Following are the steps and tools that pipeline uses to perform the analyses:

Subsample the reads to 2 million using SEQTK SAMPLE to compare metrics across samples
Evaluate sequencing quality control using FASTP and trim/clip reads
Map reads to reference genome using SENTIEON BWA MEM
Remove duplicate reads using SENTIEON DRIVER LOCUSCOLLECTOR and SENTIEON DRIVER DEDUP
Evaluate metrics using SENTIEON DRIVER METRICS which includes Alignment, GC Bias, Insert Size, and Coverage metrics
Evaluate the BAM quality control using QUALIMAP BAMQC
Evaluate the library complexity using PRESEQ BAM2MR and PRESEQ GC EXTRAP
Evaluate the CNV using a custom Ginkgo impelmentation
Evaluate taxonomic classification with Kraken
Aggregate the metrics across biosamples and tools to create overall pipeline statistics summary using MULTIQC

Pipeline Parameters#

Parameter Name	Options	Description
Read Length	`50` `75` _^(default) `100` `150`	Read length preference for each sample can be made here and used for sequencing
Read Sampling	`1000` `1000000` `2000000` _^(default)	Number of reads to sample. 1M paired reads is equivalent to 2M individual reads
Genome	`GRCh38` _^(default) `GRCm38` `GRCm39`	Reference genome to use for alignment

Optional Modules#

Module	Options	Description
FastQC	_^(default)	FastQC performs QC checks on your raw sequencing data.
Qualimap	_^(default)	Qualimap evaluates the quality of the alignment data.
CNV	_^(default)	CNV evaluates the Copy Number Variation.
Kraken	_^(default)	Kraken evaluates taxonomic classification of reads.

Output Directories#

Output Directory	Notes
`multiqc`/	This section includes output files containing metrics from various tools to create a MultiQC report.

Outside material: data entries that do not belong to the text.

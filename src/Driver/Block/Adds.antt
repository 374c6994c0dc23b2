-- ===== src/Driver/Block/Adds.antt =====
-- The block of main() in src/main.cpp on a new file, and what it leaves on disk.
use hit_database_exp3p2_cpp.Base.{
  ℕ, zero, suc, ◌+◌, ◌≤◌, ◌<◌, ◌≡◌, refl, sym, subst, ◌∙◌, ap, true, ◌==◌, ==-ne, some, List, [],
  ◌∷◌, ◌++◌, arith, length, get_or,
}
use hit_database_exp3p2_cpp.Result.{ok}
use hit_database_exp3p2_cpp.Page.{Page, page_number}
use hit_database_exp3p2_cpp.Page.Iterator.{iterate_page}
use hit_database_exp3p2_cpp.Page.Stacked.{
  Stacked, Stacked-content, insert_record-Stacked, iterate_page-Stacked, get_record-Stacked,
}
use hit_database_exp3p2_cpp.File.{read_page}
use hit_database_exp3p2_cpp.File.Stream.{File, fetch}
use hit_database_exp3p2_cpp.File.Access.{read_page_lem}
use hit_database_exp3p2_cpp.File.Links.{IsFile}
use hit_database_exp3p2_cpp.File.Store.{write_page_written}
use hit_database_exp3p2_cpp.File.Fill.Loop.{upto}
use hit_database_exp3p2_cpp.File.Fill.Rounds.{Has}
use hit_database_exp3p2_cpp.File.Reached.{
  Pages, assign, content, Reached, written, Represents, Shows,
}
use hit_database_exp3p2_cpp.File.Reached.Represented.{Reached-Represents}
use hit_database_exp3p2_cpp.Driver.Block.{add_and_read}

pub get_or-upto : (i n k : ℕ) → k < n → get_or (upto i n) k 0 ≡ i + k
get_or-upto i zero k low = absurd (omega arith)
get_or-upto i (suc n) zero low = omega arith
get_or-upto i (suc n) (suc k) low = get_or-upto (i + 1) n k (omega arith) ∙ omega arith

pub upto-split :
    (i n k : ℕ) → k < n → (xs : List ℕ) × (ys : List ℕ) × (upto i n ≡ xs ++ (i + k) ∷ ys)
upto-split i zero k low = absurd (omega arith)
upto-split i (suc n) zero low =
    let e : i ≡ i + 0 = omega arith in ([], upto (i + 1) n, ap (λ j. j ∷ upto (i + 1) n) e)
upto-split i (suc n) (suc k) low =
    let (xs, ys, e) = upto-split (i + 1) n k (omega arith) in
    let same : i + 1 + k ≡ i + suc k = omega arith in
    (i ∷ xs, ys, ap (λ zs. i ∷ zs) (e ∙ ap (λ j. xs ++ j ∷ ys) same))

-- What the map has for a page is what the page on disk holds.
Has-Stacked :
    {f : File} {used free : List ℕ} {m : Pages}
    → Represents f used free m
    → (rs : List (List ℕ)) (n : ℕ) → 0 < n
    → n < f.file_header.num_pages
    → Has rs m n
    → (p : Page) × (fetch f n ≡ some p) × Stacked n rs p
Has-Stacked rep rs n pos below (q, at_n, s) =
    let (p, here, shown) = rep.stands n pos below in
    let (num, same) = subst (λ o. Shows n p o) at_n shown in (p, here, Stacked-content p q same s)

-- readPage, and the loop over the records of what it returns.
pub Has-reads :
    {f : File} {used free : List ℕ} {m : Pages}
    → Represents f used free m
    → (rs : List (List ℕ)) (n visits : ℕ) → 0 < n
    → n < f.file_header.num_pages
    → length rs < visits
    → Has rs m n
    → (p : Page) × (read_page n f ≡ (ok p, f)) × (iterate_page visits p ≡ ok rs)
Has-reads {f = f} rep rs n visits pos below more has =
    let (p, here, s) = Has-Stacked rep rs n pos below has in
    let num = s.number in
    (
      p,
      read_page_lem f rep.is.good n p here below (omega arith),
      iterate_page-Stacked s visits more,
    )

module _ {f : File} {m : Pages} (xs ys : List ℕ) (n : ℕ) (r w : List ℕ)
    (before : Reached f (xs ++ n ∷ ys) [] m) (pos : 0 < n) (below : n < f.file_header.num_pages)
    (has : Has (r ∷ []) m n) (some_bytes : 0 < length w)
    (room : length r + length w + 12 ≤ 8176) where
  pub add_and_read_lem :
      (f' : File) × (m' : Pages) × (add_and_read n w f ≡ (ok w, f'))
      × Reached f' (xs ++ n ∷ ys) [] m'
      × Has (r ∷ w ∷ []) m' n
      × ((k : ℕ) → ¬ (k ≡ n) → m' k ≡ m k)
  unfolding add_and_read
  add_and_read_lem =
      let rep = Reached-Represents before in
      let (p, here, s) = Has-Stacked rep (r ∷ []) n pos below has in
      let num = s.number in
      let (q, inserted, t) = insert_record-Stacked (r ∷ []) w s some_bytes (omega arith) in
      let number : page_number q ≡ n = t.number in
      let (p0, f', there, wrote, is, read, named, kept, at_q) =
        write_page_written f q xs ys []
          (subst (λ k. IsFile f (xs ++ k ∷ ys) []) (sym number) rep.is) in
      (
        f',
        assign m (page_number q) (some (content q)),
        rw (read_page_lem f rep.is.good n p here below (omega arith))
            (rw inserted (rw wrote (ap (λ x. (x, f')) (get_record-Stacked t 1 (omega arith))))),
        subst (λ k. Reached f' (xs ++ k ∷ ys) [] (assign m (page_number q) (some (content q))))
            number
            (written q xs ys (subst (λ k. Reached f (xs ++ k ∷ ys) [] m) (sym number) before)
              wrote),
        (q, (let e : (n == page_number q) ≡ true = ground arith in rw e refl), t),
        λ k other. rw (==-ne k (page_number q) (λ e. other (e ∙ number))) refl,
      )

MultiQC Report Example
`primary_analyses`/ `metrics`/	Metrics output from Fastp, Kraken, and/or FASTQC if those modules were selected to run the analyses for each biosample.
`secondary_analyses`/ `alignment`/ `metrics`/	`alignment/` Biosample level output containing aligned reads and index file on subsample reads. `metrics/` Metrics output from secondary analyses - Alignment, GC bias, Insert Size, Coverage, and library complexity metrics. The section includes outputs from the Bam Lorenz coverage tool containing information about coverage using lorenz curve estimation in order to look at uniformity across the genome. The `*-pipeline_all_metrics_mqc.txt` contains metrics from the `All Metrics` section of the MultiQC report found in BaseJumper. Bam lorenz curve Example
`tertiary_analyses`/ `cnv_ginkgo`/	Biosample level output from Ginkgo. CNV profile Example
`execution_info`/	This section includes execution information regarding the pipeline run.